Она описала юноше, как люди мирятся с утратами, как благодетельная память мелким песком ежедневных впечатлений затягивает глубокую пропасть потери.

— Ну, завела!.. — прервал ее Петр. — Что вы мне рассказываете, я лучше вас обдумал! Да это не важно, обдумал или не обдумал. Главное — мне так желательно! Поняли? Такой уж у меня характер: чего пожелал, то и исполнилось. Шкуру надо за это отдать? Отдам, не задумаюсь. Сам скулить не стану, да и других не послушаюсь. Вы вот, видать, умная, жарите как по книжке… А того не обмозговали: человек желает!

— Смотрите, какой небожитель!

Тут он встал.

— Небожитель!.. — сердито возглашала писательница. — Всего неделю из дому — и уже босяк. Прямо из Горького. Или, как нынче поют, «с одесского кичмана»… Я хочу посмотреть, как вы живете в своей конуре.

— Пропуска не требуется. Топайте за мной.

Петя рванул утлую дверь, и они вошли. Зеленый полумрак залил глаза. Однако в такой маленькой кубатуре трудно было заблудиться, писательница сразу натолкнулась на табурет и села у врытого в землю стола. Петр повалился в угол, на покрытую половиком кучу соломы или тряпья. Свет, как в чулане, проникал лишь сквозь маленькое оконце. Чтобы рассмотреть и запомнить обстановку, писательница попросила разрешения и открыла дверь настежь. Нищета здесь, как, впрочем, и везде, не содержала никаких живописных подробностей. Грязные, неструганые доски стен лаконично утверждали это. Но над головой Петра висел небольшой дешевый коврик болотного цвета с неопределенным орнаментом, весь смысл которого заключался в простоте выработки, доступной даже для нехитрых российских фабрик довоенного времени, когда такими изделиями заваливали всю страну.

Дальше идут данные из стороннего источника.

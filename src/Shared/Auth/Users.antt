-- ===== src/Shared/Auth/Users.antt =====
-- Who a request is taken to be.
use mathlib.Core.List.{foldl}
use zk_dpp_royalty_protocol.Common.{
  String, ◌≡◌, ◌≢◌, refl, ap, sym, ◌∙◌, inl, inr, true, false, ◌||◌, Option, none, some, [], arith,
  truthy, or_else, includes, Bool-cases, Option-cases,
}
use zk_dpp_royalty_protocol.Common.JsMap
use zk_dpp_royalty_protocol.Shared.Errors.{get_http_status_from_code}
use zk_dpp_royalty_protocol.Shared.Rbac.{add_role}
use zk_dpp_royalty_protocol.Shared.Rbac.Roles.{includes-add_roles}
use zk_dpp_royalty_protocol.Shared.Auth.{
  TokenClaims, JwtResult, payload, jwt_expired, jws_signature_verification_failed, other_error,
  verified_of, user_or_none, AuthConfig, extract_token, client_roles, extract_roles, user, thrown,
  Verified, user_of, verify_token, auth_pre_handler, optional_auth_pre_handler,
}

-- A user's roles are the realm's and those of the configured client.
pub includes-extract_roles :
    (claims : TokenClaims) (client_id : Option String) (role : String)
    → includes (extract_roles claims client_id) role ≡ (
        includes (or_else claims.realm_roles []) role
        || includes (client_roles client_id claims.resource_access) role)
unfolding extract_roles
includes-extract_roles claims client_id role = ground (
  arith,
  includes-add_roles (client_roles client_id claims.resource_access)
      (foldl add_role [] (or_else claims.realm_roles [])) role,
  includes-add_roles (or_else claims.realm_roles []) [] role,
)

token_same : (t t' : String) → ◌≡◌ {A = Option String} (some t) (some t') → t ≡ t'
token_same t t' h = ground (arith, h)

module _ (config : AuthConfig) (header : Option String) where
  -- The request carries a token that is verified with these claims.
  abbrev pub Carries : TokenClaims → Type 0
  Carries claims =
      (token : String) × (extract_token header ≡ some token)
      × (truthy token ≡ true)
      × (config.jwt_verify token ≡ payload claims)

  -- What the check makes of a request: the user of the claims that its token is verified with, or,
  -- without such a token, an error with status 401.
  abbrev pub Checked : Verified → Type 0
  Checked (user u) = (claims : TokenClaims) × Carries claims × (u ≡ user_of config claims)
  Checked (thrown e) =
      ((claims : TokenClaims) → ¬ Carries claims) × (get_http_status_from_code e.code ≡ 401)

  no_token : extract_token header ≡ none → (claims : TokenClaims) → ¬ Carries claims
  no_token h claims (token, e, full, v) = absurd (cc (h, e))

  empty_token :
      (t : String)
      → extract_token header ≡ some t
      → truthy t ≡ false
      → (claims : TokenClaims) → ¬ Carries claims
  empty_token t h f claims (token, e, full, v) = absurd (ground (arith, h, e, f, full))

  not_verified :
      (t : String) (r : JwtResult)
      → extract_token header ≡ some t
      → config.jwt_verify t ≡ r
      → ((claims : TokenClaims) → ◌≢◌ {A = JwtResult} r (payload claims))
      → (claims : TokenClaims) → ¬ Carries claims
  not_verified t r h v other claims (token, e, full, v') =
      absurd (other claims (sym v ∙ ap config.jwt_verify (token_same t token (sym h ∙ e)) ∙ v'))

  verified-Checked :
      (t : String) (r : JwtResult)
      → extract_token header ≡ some t
      → truthy t ≡ true
      → config.jwt_verify t ≡ r
      → Checked (verified_of config r)
  unfolding get_http_status_from_code JsMap.get
  verified-Checked t (payload claims) h f v = (claims, (t, h, f, v), refl)
  verified-Checked t jwt_expired h f v = (not_verified t jwt_expired h v (λ c e. cc e), refl)
  verified-Checked t jws_signature_verification_failed h f v =
      (not_verified t jws_signature_verification_failed h v (λ c e. cc e), refl)
  verified-Checked t other_error h f v = (not_verified t other_error h v (λ c e. cc e), refl)

  -- The mandatory check lets a request pass exactly with a verified token, as the user of its
  -- claims; any other request it answers with 401.
  pub auth-Checked : Checked (auth_pre_handler config header)
  unfolding auth_pre_handler verify_token get_http_status_from_code JsMap.get
  auth-Checked = elim (Option-cases (extract_token header)) [
    | inl h ↦ rw (h, auth_pre_handler) (no_token h, refl)
    | inr (t, h) ↦ elim (Bool-cases (truthy t)) [
      | inr f ↦ rw (h, f, auth_pre_handler) (empty_token t h f, refl)
      | inl f ↦ rw (h, f, auth_pre_handler) (verified-Checked t (config.jwt_verify t) h f refl)
    ]
  ]

  -- The optional check never refuses a request: it gives the user that the mandatory one gives, and
  -- none where that one throws.
  pub optional-auth :
      optional_auth_pre_handler config header ≡ user_or_none (auth_pre_handler config header)
  unfolding optional_auth_pre_handler auth_pre_handler
  optional-auth = elim (Option-cases (extract_token header)) [
    | inl h ↦ rw (h, auth_pre_handler, optional_auth_pre_handler) refl
    | inr (t, h) ↦ elim (Bool-cases (truthy t)) [
      | inr f ↦ rw (h, f, auth_pre_handler, optional_auth_pre_handler) refl
      | inl f ↦ rw (h, f, auth_pre_handler, optional_auth_pre_handler) refl
    ]
  ]
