-- ===== src/Shared/Auth/Setup.antt =====
-- packages/shared/src/middleware/auth.ts: the configuration from the environment, and the handler of
-- authentication errors. The body of the answer leaves out details and time stamp.
use zk_dpp_royalty_protocol.Common.{ℕ, String, ◌≡◌, ap, subst, Option, or_text, ◌==◌, if◌then◌else◌}
use zk_dpp_royalty_protocol.Predicates.{◌⧺◌}
use zk_dpp_royalty_protocol.Shared.Errors.{ZkDppError}
use zk_dpp_royalty_protocol.Shared.Errors.Classes.{
  NamedError, Caught, ours, plain, anything, status_code,
}
use zk_dpp_royalty_protocol.Shared.Auth.Users.{Checked, auth-Checked}
use zk_dpp_royalty_protocol.Shared.Auth.{AuthConfig, thrown, auth_pre_handler}

-- The fields of `AuthConfig` that the environment gives.
pub record AuthSettings : Type 0 where
  pub issuer : String
  pub jwks_uri : String
  pub audience : String
  pub client_id : String

unfoldable pub get_keycloak_config :
    (keycloak_url keycloak_realm keycloak_client_id : Option String) → AuthSettings
get_keycloak_config keycloak_url keycloak_realm keycloak_client_id =
    let url = or_text keycloak_url "http://localhost:8080" in
    let realm = or_text keycloak_realm "zkdpp" in
    let client = or_text keycloak_client_id "zkdpp-services" in
    record {
      issuer = url ⧺ "/realms/" ⧺ realm;
      jwks_uri = url ⧺ "/realms/" ⧺ realm ⧺ "/protocol/openid-connect/certs";
      audience = client;
      client_id = client;
    }

-- The handler answers with a status and the error, or throws the error again.
pub data Handled : Type 0 where
  sent : (status : ℕ) (body : NamedError) → Handled
  thrown_again : Caught → Handled

unfoldable pub auth_error_handler : Caught → Handled
auth_error_handler (ours e) =
    if e.name == "AuthenticationError" then sent (status_code e) e else thrown_again (ours e)
auth_error_handler (plain message) = thrown_again (plain message)
auth_error_handler anything = thrown_again anything

-- `new AuthenticationError(e.message, e.code)`, which `verifyToken` and the pre-handler throw.
abbrev pub as_authentication : ZkDppError → NamedError
as_authentication e = record { name = "AuthenticationError"; error = e }

-- A request that the mandatory check does not let pass is answered with 401 and the check's error.
pub refused-sent :
    (config : AuthConfig) (header : Option String) (e : ZkDppError)
    → auth_pre_handler config header ≡ thrown e
    → auth_error_handler (ours (as_authentication e)) ≡ sent 401 (as_authentication e)
unfolding auth_error_handler
refused-sent config header e h =
    let checked : Checked config header (thrown e) =
      subst (Checked config header) h (auth-Checked config header) in
    ap (λ status. sent status (as_authentication e)) checked.1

Хозяин понял удивление гостьи и сказал:

— Все, что у нее осталось… У женщины, которая сдает мне… ну, у которой я живу. Вам Настька небось натрепала про Пашету? — Впервые за все время разговора он по-настоящему смутился. — Ничего не осталось у нее от старого времени. Зато она скорее с голоду сдохнет, чем загонит ковер. Он дорогой?

— Нет, конечно. А как же вы будете тут жить зимой?

Петр промолчал. Этот вопрос поднял в нем куда больше сомнений, нежели длинные рассуждения. Писательница чутьем поняла значительность его молчания. Она сидела на своем табурете, облокотившись на стол, составленный из двух тесовин, которые были наглухо прибиты к стене и опирались на довольно толстый, врытый в землю кол. Она напрягла все внимание и память, чтобы вести себя безошибочно, внутренне собрала себя для одного дела, — как костоправ, занятый выправлением тяжелого вывиха. Не обдуманные заранее слова, оказывается, достигали цели скорее. Так и простой вопрос о зиме сразу открыл юноше, что в опыте многих и многих людей уже давно нет допущения возможности жить в морозы в собачьем ящике. И Петя понял, как с каждым часом увеличивается расстояние между ним и теми людьми, от которых пришла эта странная старуха.